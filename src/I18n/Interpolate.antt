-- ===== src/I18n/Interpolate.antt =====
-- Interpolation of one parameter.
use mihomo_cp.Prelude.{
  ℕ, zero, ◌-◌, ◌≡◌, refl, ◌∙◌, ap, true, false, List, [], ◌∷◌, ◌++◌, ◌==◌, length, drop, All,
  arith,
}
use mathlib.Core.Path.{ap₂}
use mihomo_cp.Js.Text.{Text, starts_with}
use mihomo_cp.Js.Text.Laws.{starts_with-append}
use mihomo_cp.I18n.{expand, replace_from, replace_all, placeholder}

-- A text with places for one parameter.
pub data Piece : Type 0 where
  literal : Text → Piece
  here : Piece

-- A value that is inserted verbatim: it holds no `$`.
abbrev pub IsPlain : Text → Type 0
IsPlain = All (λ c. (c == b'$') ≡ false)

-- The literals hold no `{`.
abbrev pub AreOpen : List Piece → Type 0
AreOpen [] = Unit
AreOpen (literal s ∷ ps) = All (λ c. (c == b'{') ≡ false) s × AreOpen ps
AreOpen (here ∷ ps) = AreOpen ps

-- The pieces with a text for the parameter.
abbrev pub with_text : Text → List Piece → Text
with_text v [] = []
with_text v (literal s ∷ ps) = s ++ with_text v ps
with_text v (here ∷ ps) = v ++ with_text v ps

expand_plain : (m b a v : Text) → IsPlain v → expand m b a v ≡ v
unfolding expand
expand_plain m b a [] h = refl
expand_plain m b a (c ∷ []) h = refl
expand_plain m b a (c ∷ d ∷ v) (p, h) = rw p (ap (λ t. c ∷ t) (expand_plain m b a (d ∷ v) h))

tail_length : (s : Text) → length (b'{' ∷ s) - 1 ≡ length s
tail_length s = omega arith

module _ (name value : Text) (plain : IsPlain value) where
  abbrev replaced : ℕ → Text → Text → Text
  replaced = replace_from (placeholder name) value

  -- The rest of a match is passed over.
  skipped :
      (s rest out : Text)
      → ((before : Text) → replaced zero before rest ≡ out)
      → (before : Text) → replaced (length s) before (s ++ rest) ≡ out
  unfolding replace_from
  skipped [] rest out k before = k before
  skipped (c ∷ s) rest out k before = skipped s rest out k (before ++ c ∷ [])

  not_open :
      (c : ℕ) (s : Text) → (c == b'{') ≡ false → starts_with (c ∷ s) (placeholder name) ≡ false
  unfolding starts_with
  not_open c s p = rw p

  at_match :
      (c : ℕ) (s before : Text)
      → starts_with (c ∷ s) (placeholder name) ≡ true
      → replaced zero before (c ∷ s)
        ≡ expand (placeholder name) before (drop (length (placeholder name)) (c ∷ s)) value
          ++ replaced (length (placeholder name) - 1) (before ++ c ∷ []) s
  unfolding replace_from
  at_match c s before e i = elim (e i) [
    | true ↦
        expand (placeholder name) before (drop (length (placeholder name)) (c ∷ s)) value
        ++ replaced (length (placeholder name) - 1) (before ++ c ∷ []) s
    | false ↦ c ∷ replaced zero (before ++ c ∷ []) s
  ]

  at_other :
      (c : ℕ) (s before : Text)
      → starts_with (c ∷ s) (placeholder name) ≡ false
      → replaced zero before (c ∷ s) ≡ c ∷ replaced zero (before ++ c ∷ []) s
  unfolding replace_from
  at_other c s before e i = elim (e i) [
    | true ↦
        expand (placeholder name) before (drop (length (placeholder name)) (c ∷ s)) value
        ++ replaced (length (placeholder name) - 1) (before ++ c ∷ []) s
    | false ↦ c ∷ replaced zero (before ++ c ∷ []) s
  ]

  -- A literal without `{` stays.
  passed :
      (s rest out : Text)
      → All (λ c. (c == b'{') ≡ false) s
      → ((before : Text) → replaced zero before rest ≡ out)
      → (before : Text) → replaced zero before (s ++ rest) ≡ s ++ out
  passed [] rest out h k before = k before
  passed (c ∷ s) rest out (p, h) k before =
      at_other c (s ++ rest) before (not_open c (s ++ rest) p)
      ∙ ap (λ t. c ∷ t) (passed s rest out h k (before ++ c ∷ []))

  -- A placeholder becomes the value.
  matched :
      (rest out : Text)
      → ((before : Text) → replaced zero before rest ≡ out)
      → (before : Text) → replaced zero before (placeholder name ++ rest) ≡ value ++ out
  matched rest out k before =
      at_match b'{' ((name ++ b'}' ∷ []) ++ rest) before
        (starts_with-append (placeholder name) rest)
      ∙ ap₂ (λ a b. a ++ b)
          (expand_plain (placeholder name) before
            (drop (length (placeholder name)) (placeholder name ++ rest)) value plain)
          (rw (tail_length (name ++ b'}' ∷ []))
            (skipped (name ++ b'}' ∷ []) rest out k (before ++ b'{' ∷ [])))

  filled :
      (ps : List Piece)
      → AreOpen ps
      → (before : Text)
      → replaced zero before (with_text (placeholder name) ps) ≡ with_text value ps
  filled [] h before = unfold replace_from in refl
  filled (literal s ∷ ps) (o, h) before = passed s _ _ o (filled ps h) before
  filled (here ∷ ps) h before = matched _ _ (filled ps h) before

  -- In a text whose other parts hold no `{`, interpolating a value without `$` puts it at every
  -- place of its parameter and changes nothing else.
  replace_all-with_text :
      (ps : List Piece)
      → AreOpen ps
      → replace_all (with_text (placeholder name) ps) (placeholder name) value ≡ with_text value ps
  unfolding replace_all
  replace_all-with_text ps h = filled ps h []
- - - - -
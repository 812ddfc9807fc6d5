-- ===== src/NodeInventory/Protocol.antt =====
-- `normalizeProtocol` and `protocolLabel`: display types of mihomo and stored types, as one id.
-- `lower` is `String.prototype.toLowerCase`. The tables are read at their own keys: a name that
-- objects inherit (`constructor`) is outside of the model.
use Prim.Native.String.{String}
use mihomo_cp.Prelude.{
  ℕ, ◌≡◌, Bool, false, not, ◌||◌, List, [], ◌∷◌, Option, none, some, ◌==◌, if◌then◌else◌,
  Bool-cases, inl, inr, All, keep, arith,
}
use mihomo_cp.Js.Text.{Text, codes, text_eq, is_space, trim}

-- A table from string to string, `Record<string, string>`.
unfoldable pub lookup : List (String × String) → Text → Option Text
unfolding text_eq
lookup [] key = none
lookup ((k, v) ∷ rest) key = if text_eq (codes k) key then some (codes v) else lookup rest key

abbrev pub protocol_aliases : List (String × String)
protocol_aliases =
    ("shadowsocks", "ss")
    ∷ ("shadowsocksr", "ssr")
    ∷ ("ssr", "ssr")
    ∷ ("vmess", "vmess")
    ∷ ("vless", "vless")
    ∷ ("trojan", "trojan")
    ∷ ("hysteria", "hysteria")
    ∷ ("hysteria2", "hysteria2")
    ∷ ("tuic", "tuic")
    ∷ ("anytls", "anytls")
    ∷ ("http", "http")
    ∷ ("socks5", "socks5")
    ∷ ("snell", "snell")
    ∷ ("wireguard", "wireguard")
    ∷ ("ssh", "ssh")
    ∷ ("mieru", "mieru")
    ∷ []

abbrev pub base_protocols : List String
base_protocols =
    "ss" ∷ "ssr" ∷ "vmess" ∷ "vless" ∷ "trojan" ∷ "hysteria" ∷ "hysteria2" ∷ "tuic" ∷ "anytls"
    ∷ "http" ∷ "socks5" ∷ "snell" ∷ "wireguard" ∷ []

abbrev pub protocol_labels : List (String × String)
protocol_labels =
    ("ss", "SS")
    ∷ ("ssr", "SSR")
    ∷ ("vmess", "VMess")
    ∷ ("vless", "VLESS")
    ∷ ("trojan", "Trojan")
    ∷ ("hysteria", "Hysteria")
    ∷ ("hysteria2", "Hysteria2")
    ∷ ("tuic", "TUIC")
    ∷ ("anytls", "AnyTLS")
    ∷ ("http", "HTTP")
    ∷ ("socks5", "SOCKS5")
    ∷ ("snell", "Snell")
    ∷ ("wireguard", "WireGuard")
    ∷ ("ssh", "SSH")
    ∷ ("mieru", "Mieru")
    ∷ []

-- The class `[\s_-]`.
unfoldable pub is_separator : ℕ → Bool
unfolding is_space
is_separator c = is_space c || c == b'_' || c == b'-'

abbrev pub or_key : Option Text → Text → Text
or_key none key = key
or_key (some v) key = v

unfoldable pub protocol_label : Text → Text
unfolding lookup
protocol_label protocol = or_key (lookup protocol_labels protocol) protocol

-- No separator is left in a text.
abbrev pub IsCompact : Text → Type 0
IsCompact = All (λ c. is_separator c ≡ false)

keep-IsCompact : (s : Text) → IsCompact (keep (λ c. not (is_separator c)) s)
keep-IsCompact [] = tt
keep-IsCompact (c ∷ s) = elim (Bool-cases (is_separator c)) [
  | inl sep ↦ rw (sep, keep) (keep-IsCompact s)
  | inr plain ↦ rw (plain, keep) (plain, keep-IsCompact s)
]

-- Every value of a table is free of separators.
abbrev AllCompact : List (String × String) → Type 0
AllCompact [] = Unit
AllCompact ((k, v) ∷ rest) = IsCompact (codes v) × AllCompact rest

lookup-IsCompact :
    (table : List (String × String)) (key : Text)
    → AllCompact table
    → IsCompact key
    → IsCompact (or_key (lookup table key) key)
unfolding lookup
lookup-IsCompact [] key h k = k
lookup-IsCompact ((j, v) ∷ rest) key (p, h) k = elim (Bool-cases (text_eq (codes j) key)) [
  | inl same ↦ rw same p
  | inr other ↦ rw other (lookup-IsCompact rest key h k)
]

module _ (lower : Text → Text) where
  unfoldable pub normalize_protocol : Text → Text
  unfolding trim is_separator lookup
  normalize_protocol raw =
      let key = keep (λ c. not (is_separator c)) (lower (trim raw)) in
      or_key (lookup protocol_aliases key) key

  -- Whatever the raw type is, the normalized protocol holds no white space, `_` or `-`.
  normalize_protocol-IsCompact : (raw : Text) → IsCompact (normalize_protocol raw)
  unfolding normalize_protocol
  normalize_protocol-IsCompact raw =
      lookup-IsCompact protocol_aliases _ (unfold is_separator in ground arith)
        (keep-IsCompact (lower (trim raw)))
- - - - -
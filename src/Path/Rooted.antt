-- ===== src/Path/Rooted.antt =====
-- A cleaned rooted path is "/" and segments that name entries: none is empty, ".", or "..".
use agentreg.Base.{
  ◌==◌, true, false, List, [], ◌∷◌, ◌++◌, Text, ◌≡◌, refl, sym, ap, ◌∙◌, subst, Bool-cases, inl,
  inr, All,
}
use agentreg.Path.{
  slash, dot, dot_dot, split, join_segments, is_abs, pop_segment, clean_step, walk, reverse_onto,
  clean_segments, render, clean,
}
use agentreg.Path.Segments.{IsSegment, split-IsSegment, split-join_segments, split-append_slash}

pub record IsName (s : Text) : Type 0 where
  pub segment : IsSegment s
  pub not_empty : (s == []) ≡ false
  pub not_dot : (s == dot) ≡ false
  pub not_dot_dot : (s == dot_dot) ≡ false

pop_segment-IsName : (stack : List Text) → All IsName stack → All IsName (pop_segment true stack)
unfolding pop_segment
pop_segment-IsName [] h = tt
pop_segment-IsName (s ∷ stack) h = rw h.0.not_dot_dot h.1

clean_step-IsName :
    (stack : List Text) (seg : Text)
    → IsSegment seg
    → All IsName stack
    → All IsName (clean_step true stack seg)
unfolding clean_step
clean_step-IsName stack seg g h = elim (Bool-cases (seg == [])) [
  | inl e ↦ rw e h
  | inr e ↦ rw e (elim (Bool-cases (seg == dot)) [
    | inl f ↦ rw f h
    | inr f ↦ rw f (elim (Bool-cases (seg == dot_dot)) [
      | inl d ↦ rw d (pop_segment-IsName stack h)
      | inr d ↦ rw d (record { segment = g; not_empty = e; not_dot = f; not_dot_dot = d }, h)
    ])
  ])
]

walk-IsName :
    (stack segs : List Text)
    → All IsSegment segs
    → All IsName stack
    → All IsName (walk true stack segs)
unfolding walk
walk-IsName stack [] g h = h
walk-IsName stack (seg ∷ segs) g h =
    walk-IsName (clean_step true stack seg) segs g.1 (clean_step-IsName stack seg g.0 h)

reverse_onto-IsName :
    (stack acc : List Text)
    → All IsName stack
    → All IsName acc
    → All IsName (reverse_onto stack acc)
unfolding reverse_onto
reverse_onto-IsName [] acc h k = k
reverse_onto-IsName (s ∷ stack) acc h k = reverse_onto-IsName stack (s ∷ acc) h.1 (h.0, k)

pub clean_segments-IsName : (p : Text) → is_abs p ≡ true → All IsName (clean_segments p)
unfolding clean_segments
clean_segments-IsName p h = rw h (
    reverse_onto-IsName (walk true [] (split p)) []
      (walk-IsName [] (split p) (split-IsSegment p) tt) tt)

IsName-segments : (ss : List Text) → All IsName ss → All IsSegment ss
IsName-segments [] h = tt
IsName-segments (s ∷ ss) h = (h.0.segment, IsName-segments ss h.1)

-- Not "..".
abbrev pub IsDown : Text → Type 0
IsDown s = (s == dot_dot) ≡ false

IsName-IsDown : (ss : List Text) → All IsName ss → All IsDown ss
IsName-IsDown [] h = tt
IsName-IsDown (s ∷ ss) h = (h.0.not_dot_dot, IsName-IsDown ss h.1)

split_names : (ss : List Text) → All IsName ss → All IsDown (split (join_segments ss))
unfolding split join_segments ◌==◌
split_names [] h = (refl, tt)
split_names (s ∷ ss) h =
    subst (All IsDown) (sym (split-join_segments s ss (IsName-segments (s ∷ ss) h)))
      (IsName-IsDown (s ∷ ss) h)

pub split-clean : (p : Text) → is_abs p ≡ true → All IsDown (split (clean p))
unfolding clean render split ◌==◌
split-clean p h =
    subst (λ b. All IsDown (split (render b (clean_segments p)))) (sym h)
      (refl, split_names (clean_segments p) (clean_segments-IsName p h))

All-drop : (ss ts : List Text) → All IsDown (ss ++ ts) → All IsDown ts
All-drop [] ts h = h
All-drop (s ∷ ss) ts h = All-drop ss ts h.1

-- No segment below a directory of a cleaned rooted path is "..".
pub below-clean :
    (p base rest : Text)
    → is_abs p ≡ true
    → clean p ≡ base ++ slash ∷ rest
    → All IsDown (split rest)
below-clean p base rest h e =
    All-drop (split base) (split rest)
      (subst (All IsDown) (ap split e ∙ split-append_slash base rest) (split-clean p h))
- - - - -
Problem description –
In the listing above, the lines from the one containing "(refl, split_names (clean_segments" through the one containing "(subst (All IsDown)" must be set down exactly, with no other lines.

Written answer –
      (refl, split_names (clean_segments p) (clean_segments-IsName p h))

All-drop : (ss ts : List Text) → All IsDown (ss ++ ts) → All IsDown ts
All-drop [] ts h = h
All-drop (s ∷ ss) ts h = All-drop ss ts h.1

-- No segment below a directory of a cleaned rooted path is "..".
pub below-clean :
    (p base rest : Text)
    → is_abs p ≡ true
    → clean p ≡ base ++ slash ∷ rest
    → All IsDown (split rest)
below-clean p base rest h e =
    All-drop (split base) (split rest)
      (subst (All IsDown) (ap split e ∙ split-append_slash base rest) (split-clean p h))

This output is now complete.